- **Data for review**:
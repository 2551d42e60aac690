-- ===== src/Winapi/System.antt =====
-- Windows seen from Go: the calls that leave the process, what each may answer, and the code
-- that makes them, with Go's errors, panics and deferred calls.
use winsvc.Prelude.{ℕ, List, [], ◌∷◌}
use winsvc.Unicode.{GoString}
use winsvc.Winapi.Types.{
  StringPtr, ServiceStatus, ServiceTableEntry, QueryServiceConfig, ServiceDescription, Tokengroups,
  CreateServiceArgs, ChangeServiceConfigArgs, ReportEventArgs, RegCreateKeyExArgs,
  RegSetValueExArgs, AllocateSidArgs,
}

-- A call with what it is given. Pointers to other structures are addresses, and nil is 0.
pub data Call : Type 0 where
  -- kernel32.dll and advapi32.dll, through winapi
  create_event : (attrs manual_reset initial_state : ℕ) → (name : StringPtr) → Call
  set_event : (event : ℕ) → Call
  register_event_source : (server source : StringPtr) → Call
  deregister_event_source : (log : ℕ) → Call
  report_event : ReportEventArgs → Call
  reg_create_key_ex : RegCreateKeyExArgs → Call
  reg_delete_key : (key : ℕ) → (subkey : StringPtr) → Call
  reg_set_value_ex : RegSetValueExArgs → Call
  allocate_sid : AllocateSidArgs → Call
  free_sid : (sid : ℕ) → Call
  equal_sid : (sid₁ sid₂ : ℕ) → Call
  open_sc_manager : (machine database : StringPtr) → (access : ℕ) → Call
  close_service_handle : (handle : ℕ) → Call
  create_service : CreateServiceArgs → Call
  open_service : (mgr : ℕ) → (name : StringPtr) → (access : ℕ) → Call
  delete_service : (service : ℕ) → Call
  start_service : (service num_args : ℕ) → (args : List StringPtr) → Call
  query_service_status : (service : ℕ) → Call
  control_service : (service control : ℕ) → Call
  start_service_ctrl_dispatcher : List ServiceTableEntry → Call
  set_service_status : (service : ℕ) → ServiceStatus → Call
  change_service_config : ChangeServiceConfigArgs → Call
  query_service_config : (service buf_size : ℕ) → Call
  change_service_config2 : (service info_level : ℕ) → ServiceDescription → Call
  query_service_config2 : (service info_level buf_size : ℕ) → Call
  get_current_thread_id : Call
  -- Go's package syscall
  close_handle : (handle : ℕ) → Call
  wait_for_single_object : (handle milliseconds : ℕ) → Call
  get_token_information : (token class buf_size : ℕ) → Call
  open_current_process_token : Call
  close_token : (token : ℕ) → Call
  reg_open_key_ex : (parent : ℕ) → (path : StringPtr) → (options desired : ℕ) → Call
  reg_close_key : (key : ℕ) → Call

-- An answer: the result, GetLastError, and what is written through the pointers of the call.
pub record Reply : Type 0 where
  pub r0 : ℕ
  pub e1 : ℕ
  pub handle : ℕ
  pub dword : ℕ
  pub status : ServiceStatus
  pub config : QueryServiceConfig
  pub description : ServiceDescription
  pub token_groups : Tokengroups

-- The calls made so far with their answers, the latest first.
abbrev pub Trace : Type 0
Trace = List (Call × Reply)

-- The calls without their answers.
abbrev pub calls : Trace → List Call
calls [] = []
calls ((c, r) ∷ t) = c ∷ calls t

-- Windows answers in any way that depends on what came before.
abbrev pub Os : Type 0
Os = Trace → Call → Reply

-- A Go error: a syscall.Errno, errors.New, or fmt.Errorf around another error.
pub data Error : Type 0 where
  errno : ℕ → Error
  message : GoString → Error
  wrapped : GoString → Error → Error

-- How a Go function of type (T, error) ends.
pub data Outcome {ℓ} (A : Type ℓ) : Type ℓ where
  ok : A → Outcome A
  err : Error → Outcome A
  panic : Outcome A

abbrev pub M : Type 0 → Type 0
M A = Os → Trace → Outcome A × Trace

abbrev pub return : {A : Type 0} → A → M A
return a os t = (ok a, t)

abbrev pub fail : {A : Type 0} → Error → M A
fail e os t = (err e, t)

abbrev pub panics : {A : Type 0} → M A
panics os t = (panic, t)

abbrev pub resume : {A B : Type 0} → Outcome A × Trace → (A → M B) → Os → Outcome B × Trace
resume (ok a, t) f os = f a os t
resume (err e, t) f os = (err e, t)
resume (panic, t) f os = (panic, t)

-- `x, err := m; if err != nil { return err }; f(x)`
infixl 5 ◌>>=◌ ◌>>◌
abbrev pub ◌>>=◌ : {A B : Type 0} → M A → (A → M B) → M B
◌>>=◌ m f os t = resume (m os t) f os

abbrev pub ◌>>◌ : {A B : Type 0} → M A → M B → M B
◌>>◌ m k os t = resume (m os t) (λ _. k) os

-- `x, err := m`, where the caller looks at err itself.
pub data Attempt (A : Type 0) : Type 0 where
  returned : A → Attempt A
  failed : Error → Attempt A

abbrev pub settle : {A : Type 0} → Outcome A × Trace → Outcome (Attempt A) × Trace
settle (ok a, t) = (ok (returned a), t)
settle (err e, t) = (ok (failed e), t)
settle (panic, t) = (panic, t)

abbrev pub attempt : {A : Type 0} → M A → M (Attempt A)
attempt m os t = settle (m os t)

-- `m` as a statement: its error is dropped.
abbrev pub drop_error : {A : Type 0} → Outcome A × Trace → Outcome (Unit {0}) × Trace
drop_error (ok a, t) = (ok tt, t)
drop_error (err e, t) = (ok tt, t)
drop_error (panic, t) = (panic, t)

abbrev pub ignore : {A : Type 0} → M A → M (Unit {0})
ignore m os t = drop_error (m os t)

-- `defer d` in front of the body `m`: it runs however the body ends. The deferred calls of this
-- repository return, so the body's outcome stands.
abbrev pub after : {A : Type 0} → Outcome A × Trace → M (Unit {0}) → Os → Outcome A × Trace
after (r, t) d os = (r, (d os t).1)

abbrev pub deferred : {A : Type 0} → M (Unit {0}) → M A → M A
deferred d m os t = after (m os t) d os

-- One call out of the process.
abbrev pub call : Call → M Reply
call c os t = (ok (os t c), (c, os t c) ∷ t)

- **About this task**: The records shown earlier should all be returned verbatim.

- **Expected answer**:
repository 2551d42e60aac690
-- ===== src/Winapi/System.antt =====
-- Windows seen from Go: the calls that leave the process, what each may answer, and the code
-- that makes them, with Go's errors, panics and deferred calls.
use winsvc.Prelude.{ℕ, List, [], ◌∷◌}
use winsvc.Unicode.{GoString}
use winsvc.Winapi.Types.{
  StringPtr, ServiceStatus, ServiceTableEntry, QueryServiceConfig, ServiceDescription, Tokengroups,
  CreateServiceArgs, ChangeServiceConfigArgs, ReportEventArgs, RegCreateKeyExArgs,
  RegSetValueExArgs, AllocateSidArgs,
}

-- A call with what it is given. Pointers to other structures are addresses, and nil is 0.
pub data Call : Type 0 where
  -- kernel32.dll and advapi32.dll, through winapi
  create_event : (attrs manual_reset initial_state : ℕ) → (name : StringPtr) → Call
  set_event : (event : ℕ) → Call
  register_event_source : (server source : StringPtr) → Call
  deregister_event_source : (log : ℕ) → Call
  report_event : ReportEventArgs → Call
  reg_create_key_ex : RegCreateKeyExArgs → Call
  reg_delete_key : (key : ℕ) → (subkey : StringPtr) → Call
  reg_set_value_ex : RegSetValueExArgs → Call
  allocate_sid : AllocateSidArgs → Call
  free_sid : (sid : ℕ) → Call
  equal_sid : (sid₁ sid₂ : ℕ) → Call
  open_sc_manager : (machine database : StringPtr) → (access : ℕ) → Call
  close_service_handle : (handle : ℕ) → Call
  create_service : CreateServiceArgs → Call
  open_service : (mgr : ℕ) → (name : StringPtr) → (access : ℕ) → Call
  delete_service : (service : ℕ) → Call
  start_service : (service num_args : ℕ) → (args : List StringPtr) → Call
  query_service_status : (service : ℕ) → Call
  control_service : (service control : ℕ) → Call
  start_service_ctrl_dispatcher : List ServiceTableEntry → Call
  set_service_status : (service : ℕ) → ServiceStatus → Call
  change_service_config : ChangeServiceConfigArgs → Call
  query_service_config : (service buf_size : ℕ) → Call
  change_service_config2 : (service info_level : ℕ) → ServiceDescription → Call
  query_service_config2 : (service info_level buf_size : ℕ) → Call
  get_current_thread_id : Call
  -- Go's package syscall
  close_handle : (handle : ℕ) → Call
  wait_for_single_object : (handle milliseconds : ℕ) → Call
  get_token_information : (token class buf_size : ℕ) → Call
  open_current_process_token : Call
  close_token : (token : ℕ) → Call
  reg_open_key_ex : (parent : ℕ) → (path : StringPtr) → (options desired : ℕ) → Call
  reg_close_key : (key : ℕ) → Call

-- An answer: the result, GetLastError, and what is written through the pointers of the call.
pub record Reply : Type 0 where
  pub r0 : ℕ
  pub e1 : ℕ
  pub handle : ℕ
  pub dword : ℕ
  pub status : ServiceStatus
  pub config : QueryServiceConfig
  pub description : ServiceDescription
  pub token_groups : Tokengroups

-- The calls made so far with their answers, the latest first.
abbrev pub Trace : Type 0
Trace = List (Call × Reply)

-- The calls without their answers.
abbrev pub calls : Trace → List Call
calls [] = []
calls ((c, r) ∷ t) = c ∷ calls t

-- Windows answers in any way that depends on what came before.
abbrev pub Os : Type 0
Os = Trace → Call → Reply

-- A Go error: a syscall.Errno, errors.New, or fmt.Errorf around another error.
pub data Error : Type 0 where
  errno : ℕ → Error
  message : GoString → Error
  wrapped : GoString → Error → Error

-- How a Go function of type (T, error) ends.
pub data Outcome {ℓ} (A : Type ℓ) : Type ℓ where
  ok : A → Outcome A
  err : Error → Outcome A
  panic : Outcome A

abbrev pub M : Type 0 → Type 0
M A = Os → Trace → Outcome A × Trace

abbrev pub return : {A : Type 0} → A → M A
return a os t = (ok a, t)

abbrev pub fail : {A : Type 0} → Error → M A
fail e os t = (err e, t)

abbrev pub panics : {A : Type 0} → M A
panics os t = (panic, t)

abbrev pub resume : {A B : Type 0} → Outcome A × Trace → (A → M B) → Os → Outcome B × Trace
resume (ok a, t) f os = f a os t
resume (err e, t) f os = (err e, t)
resume (panic, t) f os = (panic, t)

-- `x, err := m; if err != nil { return err }; f(x)`
infixl 5 ◌>>=◌ ◌>>◌
abbrev pub ◌>>=◌ : {A B : Type 0} → M A → (A → M B) → M B
◌>>=◌ m f os t = resume (m os t) f os

abbrev pub ◌>>◌ : {A B : Type 0} → M A → M B → M B
◌>>◌ m k os t = resume (m os t) (λ _. k) os

-- `x, err := m`, where the caller looks at err itself.
pub data Attempt (A : Type 0) : Type 0 where
  returned : A → Attempt A
  failed : Error → Attempt A

abbrev pub settle : {A : Type 0} → Outcome A × Trace → Outcome (Attempt A) × Trace
settle (ok a, t) = (ok (returned a), t)
settle (err e, t) = (ok (failed e), t)
settle (panic, t) = (panic, t)

abbrev pub attempt : {A : Type 0} → M A → M (Attempt A)
attempt m os t = settle (m os t)

-- `m` as a statement: its error is dropped.
abbrev pub drop_error : {A : Type 0} → Outcome A × Trace → Outcome (Unit {0}) × Trace
drop_error (ok a, t) = (ok tt, t)
drop_error (err e, t) = (ok tt, t)
drop_error (panic, t) = (panic, t)

abbrev pub ignore : {A : Type 0} → M A → M (Unit {0})
ignore m os t = drop_error (m os t)

-- `defer d` in front of the body `m`: it runs however the body ends. The deferred calls of this
-- repository return, so the body's outcome stands.
abbrev pub after : {A : Type 0} → Outcome A × Trace → M (Unit {0}) → Os → Outcome A × Trace
after (r, t) d os = (r, (d os t).1)

abbrev pub deferred : {A : Type 0} → M (Unit {0}) → M A → M A
deferred d m os t = after (m os t) d os

-- One call out of the process.
abbrev pub call : Call → M Reply
call c os t = (ok (os t c), (c, os t c) ∷ t)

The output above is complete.